In curved space, try to lay out a perfect grid of meter sticks. You can’t. You end up with extra “pixels” that don’t fit. Either shorten some sticks, or let them bulge out in the third dimension.

Einstein Curvature GIF - Find & Share on GIPHY

A 2d closed surface can be viewed at embedded in 3d, or as a distorted disk in 2d (Feynman’s hot plate):

Geodesic: traced by a cart on a 2d spherical surface embedded in 3d:

Geodesic: traced by cart on Feynman’s hot plate, where the wheel sizes (or speeds) vary:

In 3d, a grid of rods make voxels (3d pixels)…:

…and in 4d, a grid of rods (including time rods) make hypervoxels (4d pixels):

Curvature of time. Just like the space dimensions deform or buckle, time stretches in 4d “voxels.” Where the copper “time-stick” is long, clocks run slow.

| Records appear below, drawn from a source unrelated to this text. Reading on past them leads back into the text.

-- ===== src/Mm/Vma/Containing.antt =====
-- `find_containing` beside a scan of the areas in order.
use old_boruixkernel.Common.{
  ℕ, ◌≤◌, ◌<◌, ◌≡◌, refl, ap, sym, ◌∙◌, true, false, Option, none, some, List, [], ◌∷◌, ◌++◌, arith,
  All, All-append, All-imp, if◌then◌else◌, ltb, leb, Bool-cases, inl, inr, ltb→lt, ltb→ge,
}
use old_boruixkernel.Mm.Vma.Area.{MemoryArea, contains}
use old_boruixkernel.Mm.Vma.{Tree, leaf, node, areas, raise}
use old_boruixkernel.Mm.Vma.Lookup.{find_containing, reaches}
use old_boruixkernel.Mm.Vma.Shape.{IsSound}
use old_boruixkernel.Mm.Vma.Order.{Chain, Chain-cut, Chain-le, Within, Chain-Within}

-- The first area that contains the address.
unfoldable pub scan : ℕ → List MemoryArea → Option MemoryArea
scan addr [] = none
scan addr (a ∷ xs) = if contains a addr then some a else scan addr xs

-- The areas that lie wholly before the address are skipped.
pub scan_past :
    (addr : ℕ) (xs ys : List MemoryArea)
    → All (λ b. b.end ≤ addr) xs
    → scan addr (xs ++ ys) ≡ scan addr ys
unfolding scan contains
scan_past addr [] ys h = refl
scan_past addr (x ∷ xs) ys h = ground (arith, scan_past addr xs ys h.1)

pub scan_before :
    (addr : ℕ) (xs : List MemoryArea) → All (λ b. addr < b.start) xs → scan addr xs ≡ none
unfolding scan contains
scan_before addr [] h = refl
scan_before addr (x ∷ xs) h = ground (arith, scan_before addr xs h.1)

pub scan-append_none :
    (addr : ℕ) (xs ys : List MemoryArea) → scan addr ys ≡ none → scan addr (xs ++ ys) ≡ scan addr xs
unfolding scan
scan-append_none addr [] ys h = h
scan-append_none addr (x ∷ xs) ys h = ground (arith, scan-append_none addr xs ys h)

-- The `max_end` of the root is at most `b`.
abbrev Capped : ℕ → Tree → Type 0
Capped b leaf = Unit {0}
Capped b (node k a m p l r) = m ≤ b

Capped-mono : (b c : ℕ) (t : Tree) → Capped b t → b ≤ c → Capped c t
Capped-mono b c leaf h le = tt
Capped-mono b c (node k a m p l r) h le = omega arith

raise_le : (b m : ℕ) (t : Tree) → Capped b t → m ≤ b → raise t m ≤ b
raise_le b m leaf h le = le
raise_le b m (node _ _ x _ _ _) h le = ground arith

le-raise : (m : ℕ) (t : Tree) → m ≤ raise t m
le-raise m leaf = omega arith
le-raise m (node _ _ x _ _ _) = ground arith

Capped-raise : (m : ℕ) (t : Tree) → Capped (raise t m) t
Capped-raise m leaf = tt
Capped-raise m (node _ _ x _ _ _) = ground arith

-- A bound on the `max_end` of the root bounds the end of every area.
Capped-All : (b : ℕ) (t : Tree) → Capped b t → IsSound t → All (λ a. a.end ≤ b) (areas t)
Capped-All b leaf h s = tt
Capped-All b (node k a m p l r) h s =
    let on_left : raise l a.end ≤ b = omega (arith, le-raise (raise l a.end) r, s.2) in
    let on_right : raise r (raise l a.end) ≤ b = omega (arith, s.2) in
    All-append (λ a. a.end ≤ b) (areas l) (a ∷ areas r)
      (Capped-All b l (Capped-mono _ b l (Capped-raise a.end l) on_left) s.5)
      (
        omega (arith, le-raise a.end l),
        Capped-All b r (Capped-mono _ b r (Capped-raise (raise l a.end) r) on_right) s.6,
      )

-- `max_end` is no more than the bound of the areas.
Chain-Capped : (lo hi : ℕ) (t : Tree) → IsSound t → Chain lo hi (areas t) → Capped hi t
Chain-Capped lo hi leaf s c = tt
Chain-Capped lo hi (node k a m p l r) s c =
    let (cl, ca, cr) = Chain-cut lo hi (areas l) a (areas r) c in
    let end : a.end ≤ hi = Chain-le a.end hi (areas r) cr in
    let left = Capped-mono a.start hi l (Chain-Capped lo a.start l s.5 cl) (omega arith) in
    let top =
      raise_le hi (raise l a.end) r (Chain-Capped a.end hi r s.6 cr)
        (raise_le hi a.end l left end) in
    omega (arith, top, s.2)

reaches_lt : (b addr : ℕ) (t : Tree) → Capped b t → reaches t addr ≡ true → addr < b
reaches_lt b addr leaf h e = cc
reaches_lt b addr (node k a m p l r) h e = omega (arith, ltb→lt addr m e)

unreached : (addr : ℕ) (t : Tree) → reaches t addr ≡ false → Capped addr t
unreached addr leaf e = tt
unreached addr (node k a m p l r) e = ltb→ge addr m e

module _ (addr : ℕ) (a : MemoryArea) (ys : List MemoryArea) where
  scan_tail : contains a addr ≡ false → scan addr (a ∷ ys) ≡ scan addr ys
  unfolding scan
  scan_tail e = rw e

  scan_head : contains a addr ≡ true → scan addr (a ∷ ys) ≡ some a
  unfolding scan
  scan_head e = rw e

-- No area from `a` on contains an address before `a`.
pub scan_later :
    (addr hi : ℕ) (a : MemoryArea) (ys : List MemoryArea)
    → addr < a.start
    → a.start < a.end
    → Chain a.end hi ys
    → scan addr (a ∷ ys) ≡ none
scan_later addr hi a ys h ca c = scan_before addr (a ∷ ys) (
  h,
  All-imp (Within a.end hi) (λ b. addr < b.start) (λ b w. omega arith) ys
      (Chain-Within a.end hi ys c),
)

-- The tests of `find_containing` at a node, once the left child is ruled out.
abbrev here_or_right : ℕ → MemoryArea → Option MemoryArea → Option MemoryArea
here_or_right addr a right = elim (ltb addr a.start) [
  | true ↦ right
  | false ↦ elim (leb a.end addr) [ true ↦ right | false ↦ some a ]
]

here_or_right-scan :
    (addr hi : ℕ) (a : MemoryArea) (ys : List MemoryArea)
    → a.start < a.end
    → Chain a.end hi ys
    → here_or_right addr a (scan addr ys) ≡ scan addr (a ∷ ys)
here_or_right-scan addr hi a ys ca c = elim (Bool-cases (contains a addr)) [
  | inl e ↦ rw (scan_head addr a ys e) (unfold contains in ground arith)
  | inr e ↦ rw (scan_tail addr a ys e) (unfold contains in ground arith)
]

-- In a sound tree of areas in order, `find_containing` is the scan of the areas in order.
pub find_containing-scan :
    (t : Tree) (addr lo hi : ℕ)
    → IsSound t
    → Chain lo hi (areas t)
    → find_containing t addr ≡ scan addr (areas t)
unfolding find_containing
find_containing-scan leaf addr lo hi s c = unfold scan in refl
find_containing-scan (node k a m p l r) addr lo hi s c =
    let (cl, ca, cr) = Chain-cut lo hi (areas l) a (areas r) c in
    let on_left = find_containing-scan l addr lo a.start s.5 cl in
    let on_right = find_containing-scan r addr a.end hi s.6 cr in
    elim (Bool-cases (reaches l addr)) [
      | inl e ↦
          let before : addr < a.start =
            reaches_lt a.start addr l (Chain-Capped lo a.start l s.5 cl) e in
          ground (
            arith,
            scan-append_none addr (areas l) (a ∷ areas r)
                (scan_later addr hi a (areas r) before ca cr),
          )
      | inr e ↦
          let past =
            scan_past addr (areas l) (a ∷ areas r) (Capped-All addr l (unreached addr l e) s.5) in
          let step : find_containing (node k a m p l r) addr
              ≡ here_or_right addr a (find_containing r addr) =
            rw (e, find_containing) in
          step
          ∙ ap (here_or_right addr a) on_right
          ∙ here_or_right-scan addr hi a (areas r) ca cr
          ∙ sym past
    ]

There’s a conspiracy of nature: When everything runs in slow motion — clocks, your brain, your muscles… — you cannot tell:



Black holes

Schwarzschild spacetime. Increase the mass, spacetime curves:

Static (Schwarzschild) black hole. Particle falls, seems to freeze, then happens to bounce on something (mirror, quantum fluctuation…)

Black holes don’t “suck” in matter any more than a star of the same mass. Orbits of particles are the same. In fact, black holes are less likely to swallow a particle, because it’s smaller, and most particles fly right past the black hole. You need a head-on collision to get destroyed, and for black holes, being very small, that’s rare:

Rotating (Kerr) black hole. Particle falls, is frame-dragged, orbits an infinite number of times before reaching the event horizon:

At the event horizon, light cones tip over, so an outside cannot say: “the falling thing has crossed the horizon”:

At the event horizon, clocks slow to zero. As with the Shapiro delay, you could bounce just outside the event horizon, and reappear after a trillion years:

When a black hole evaporates (via Hawking radiation), you cannot fall across the event horizon (more details here):



Slow light

For the same measured distance, light takes different time to bounce and return. This Shapiro delay can be arbitrarily large when bouncing close to the event horizon of a black hole. Taylor and Wheeler refer to this as “slow light”:

Prism: light bends toward slower light. Half of the light flash (“wave front”) enters the prism first, slowing down, turning the light flash toward the prism:

Light bends toward slower light. Here, we cannot make a square with 90 degree angles:

Measuring the local speed of light always gives c, because your measurement equipment slows along with light.

Einstein Speed Of Light GIF - Find & Share on GIPHY




Travel the quick way, through a wormhole:

Build a worm hole by connecting two “mouths” in the embedding dimension:

Morris-Thorne wormhole. Step into one mouth, step out the other (along yellow rods):

The two wormhole mouths can be attached at different times:

Same skewed attachment with the t coordinate visualized. You can the make a time machine (more here).





The universe looks the same from everywhere, even when it’s closed:

A closed universe is not infinite. Go straight, and you loop back to where you started, just like on planet Earth’s surface.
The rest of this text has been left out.